My wife and I want to have kids (and probably sooner rather than later). Whether startup or BigLaw, there is no near-term scenario in which I will be able to (and, indeed, in which I want to) stop working and spend all of my time with children. Nevertheless, I think the startup route is more conducive to the kind of family life that Cat and I envision.
It’s dangerous to generalize too much here. It is tempting to just assume that startups and tech companies are flexible while BigLaw firms are terrible for families. But that’s not necessarily the case. Insofar as outsiders can opine, it seems like Steve Jobs was a terrible dad. By contrast, plenty of BigLaw partners leave work at 3 or 4pm to coach their kids’ sports teams. Some law firms diligently avoid events after 7pm. Startups, by contrast, often run all-night hackathons that pose obvious difficulties for new parents. Clearly, anecdotes both ways abound. Wachtell or Cravath in New York City are going to be much more brutal than most any startup. But many law firms are taking work-life balance increasingly seriously and are actually pretty accommodating.
Still, the fact that law firms stress their “work-life balance” so much is a red flag to me. True balance is probably likelier in environments that don’t obsess about it. BigLaw pays so well because clients pay exorbitant fees. They pay those high fees for a reason. When you bill in 6 minute increments and you represent a large international bank that is “always on,” there is a sense in which your time is never really your own. That might not bother some people; they can handle it and still be awesome parents. But I suspect it would bother me.
Startups, of course, can be brutal too. People work hard. They work a lot. Having kids and working at a startup can’t be easy, or even ideal. But startups seem to see less need to hard dichotomize between “work” and “life.” There may be more flexibility to craft effective, personal solutions when problems arise. And in startups, you tend to really like what you are doing. That makes a huge difference. I don’t anticipate working less or less hard at Amicus than I would have at a law firm. But I do anticipate less overall tension between family and the construct that is “work.” And that means more opportunity to be the parent I want to be.
3. Looking Back on Big Things
This last point is pretty simple. We all get one shot in life. It seems to me that I should use my shot to do the coolest, most exciting work that I can find. I want to look back when I am old and be satisfied with what I did. I need to know that I took big swings at hard problems. It was not at all clear to me that I would likely get that kind of satisfaction after a career in BigLaw.

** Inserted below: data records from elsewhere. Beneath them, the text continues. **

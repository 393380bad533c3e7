-- ===== src/Accounts/Register.antt =====
-- `register_account` of backend/accounts/account.py, with `check_handle`.
pub mod Outcomes
use Prim.Native.Char.{Char, code}
use text.Mathlib.Text.{find?}
use email_summary.Prelude.{
  ℕ, String, Bool, true, false, not, ◌&&◌, ◌||◌, Option, none, some, List, [], ◌∷◌, ◌++◌, str_eq,
  is_some, if◌then◌else◌, leb, ◌==◌, suc, length,
}
use email_summary.Prelude.Text.{norm}
use email_summary.Accounts.Store.{
  Result, ok, err, ◌>>=◌, ◌>>◌, guard, invalid_data, limit_reached, Entry, State, account_area,
  given, or_text, or_keep, open_manifest, close_manifest, is_entry, find_entry, edit_first,
}

is_hex : Char → Bool
is_hex c = leb b'0' (code c) && leb (code c) b'9' || leb b'a' (code c) && leb (code c) b'f'

all_hex : String → Bool
all_hex String.[] = true
all_hex (String.◌∷◌ c s) = is_hex c && all_hex s

size : String → ℕ
size String.[] = 0
size (String.◌∷◌ c s) = suc (size s)

-- `HANDLE_RE.match`: 32 digits, hexadecimal, lower case.
unfoldable pub is_handle : String → Bool
unfolding is_hex all_hex size
is_handle h = all_hex h && size h == 32

-- `check_handle`
unfoldable pub check_handle : Option String → Result String
check_handle none = err invalid_data
check_handle (some h) = if is_handle h then ok h else err invalid_data

pub record Registration : Type 0 where
  pub email : String
  pub first : String
  pub last : String
  pub token_file : Option String
  pub first_aliases : List String
  pub telegram_chat_id : Option String
  pub telegram_token : Option String
  pub plan_status : String
  pub state_file : Option String
  pub timezone : Option String
  pub auto_schedule : Bool
  pub voice_file : Option String
  pub handle : Option String

abbrev contains : String → String → Bool
contains s part = is_some (find? s part)

-- The two checks on the address.
unfoldable pub is_address : String → Bool
is_address email =
    not (str_eq email "")
    && contains email "@"
    && not (contains email "/")
    && not (contains email "\\")
    && not (contains email "..")

abbrev pub truthy : Option String → Option String
truthy s = if given s then s else none

-- The entry as the arguments give it.
unfoldable pub new_entry : String → String → Registration → Entry
new_entry email handle reg = record {
  id = email;
  handle = some handle;
  first = reg.first;
  last = reg.last;
  first_aliases = reg.first_aliases;
  emails = email ∷ [];
  phones = [];
  contacts = [];
  telegram_chat = truthy reg.telegram_chat_id;
  telegram_token = truthy reg.telegram_token;
  timezone = some (if given reg.timezone then or_text reg.timezone "UTC" else "UTC");
  auto_schedule = some reg.auto_schedule;
  plan_status = some reg.plan_status;
  token_file = truthy reg.token_file;
  state_file = truthy reg.state_file;
  voice_file = truthy reg.voice_file;
  polar_customer_id = none;
  inference_provider = none;
  pii_analyzer = none;
  ban_dashes = none;
  community_calendar = none;
}

-- A key that is there wins over the default.
abbrev pub present {ℓ} : {A : Type ℓ} → Option A → Option A → Option A
present none d = d
present (some a) d = some a

-- What a returning user keeps; `handle` is the entry's own, checked.
unfoldable pub carried : Option String → Entry → Entry → Entry
carried handle existing entry = record entry {
  handle = present handle entry.handle;
  plan_status = present existing.plan_status entry.plan_status;
  telegram_chat = present entry.telegram_chat existing.telegram_chat;
  telegram_token = present entry.telegram_token existing.telegram_token;
  timezone = present existing.timezone entry.timezone;
  auto_schedule = present existing.auto_schedule entry.auto_schedule;
  inference_provider = existing.inference_provider;
  pii_analyzer = existing.pii_analyzer;
  ban_dashes = existing.ban_dashes;
  community_calendar = existing.community_calendar;
  polar_customer_id = present entry.polar_customer_id (truthy existing.polar_customer_id);
  voice_file = present entry.voice_file (truthy existing.voice_file);
  token_file = present entry.token_file (truthy existing.token_file);
  state_file = present entry.state_file (truthy existing.state_file);
}

-- `if existing.get("handle"): entry["handle"] = check_handle(existing["handle"])`
unfoldable pub kept_handle : Option String → Result (Option String)
kept_handle handle =
    let checked = (do h ← check_handle handle; ok (some h)) in
    if given handle then checked else ok none

-- The loop over the accounts, and its `else`.
unfoldable pub place : ℕ → Entry → List Entry → Result (Entry × List Entry × String)
place max_accounts entry entries = elim (find_entry entry.id entries) [
  | some existing ↦ (do
    handle ← kept_handle existing.handle
    let merged = carried handle existing entry
    ok (merged, edit_first entry.id (λ _. merged) entries, "updated"))
  | none ↦
      if leb max_accounts (length entries)
      then err limit_reached
      else ok (entry, entries ++ entry ∷ [], "created")
]

-- `register_account`, where `fresh` is what `new_handle` would return
unfoldable pub register_account : ℕ → String → Registration → State → Result (Entry × State)
register_account max_accounts fresh reg s = do
  let email = norm reg.email
  guard (is_address email) invalid_data
  handle ← check_handle (some (if given reg.handle then or_text reg.handle fresh else fresh))
  entries ← open_manifest true s
  (entry, after, outcome) ← place max_accounts (new_entry email handle reg) entries
  ok (
    entry,
    close_manifest after
        (record { account = email; area = account_area; outcome = outcome; fields = [] }) s,
  )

This isn’t a criticism of the legal profession generally. Most of the time, lawyers do important and valuable work. Practicing law is an honorable profession. Indeed, I think it’s probably one of the more interesting professions there is.
I simply recognize that, personally, I am probably not a great fit for BigLaw. This conclusion is based on facts, but it’s ultimately subjective. It does not mean that BigLaw is wrong for everybody. Some people love it. That’s great. But many people do it and don’t love it. Many affirmatively regret it. Everybody knows this going in. Lots of people ignore it and focus on the salary. I’ve tried to do just the opposite. And my conclusion is simply that I’d rather do something else—something related, but also something quite different.
There is no shortage of capable lawyers out there. Clients are in good hands. But, technologically speaking, lawyers aren’t. I think someone should change that. Current offerings are so limited in what they do that very few people even have a sense of what is even possible. We at Amicus Labs think we’re up to the challenge. And I couldn’t be more excited to take it on.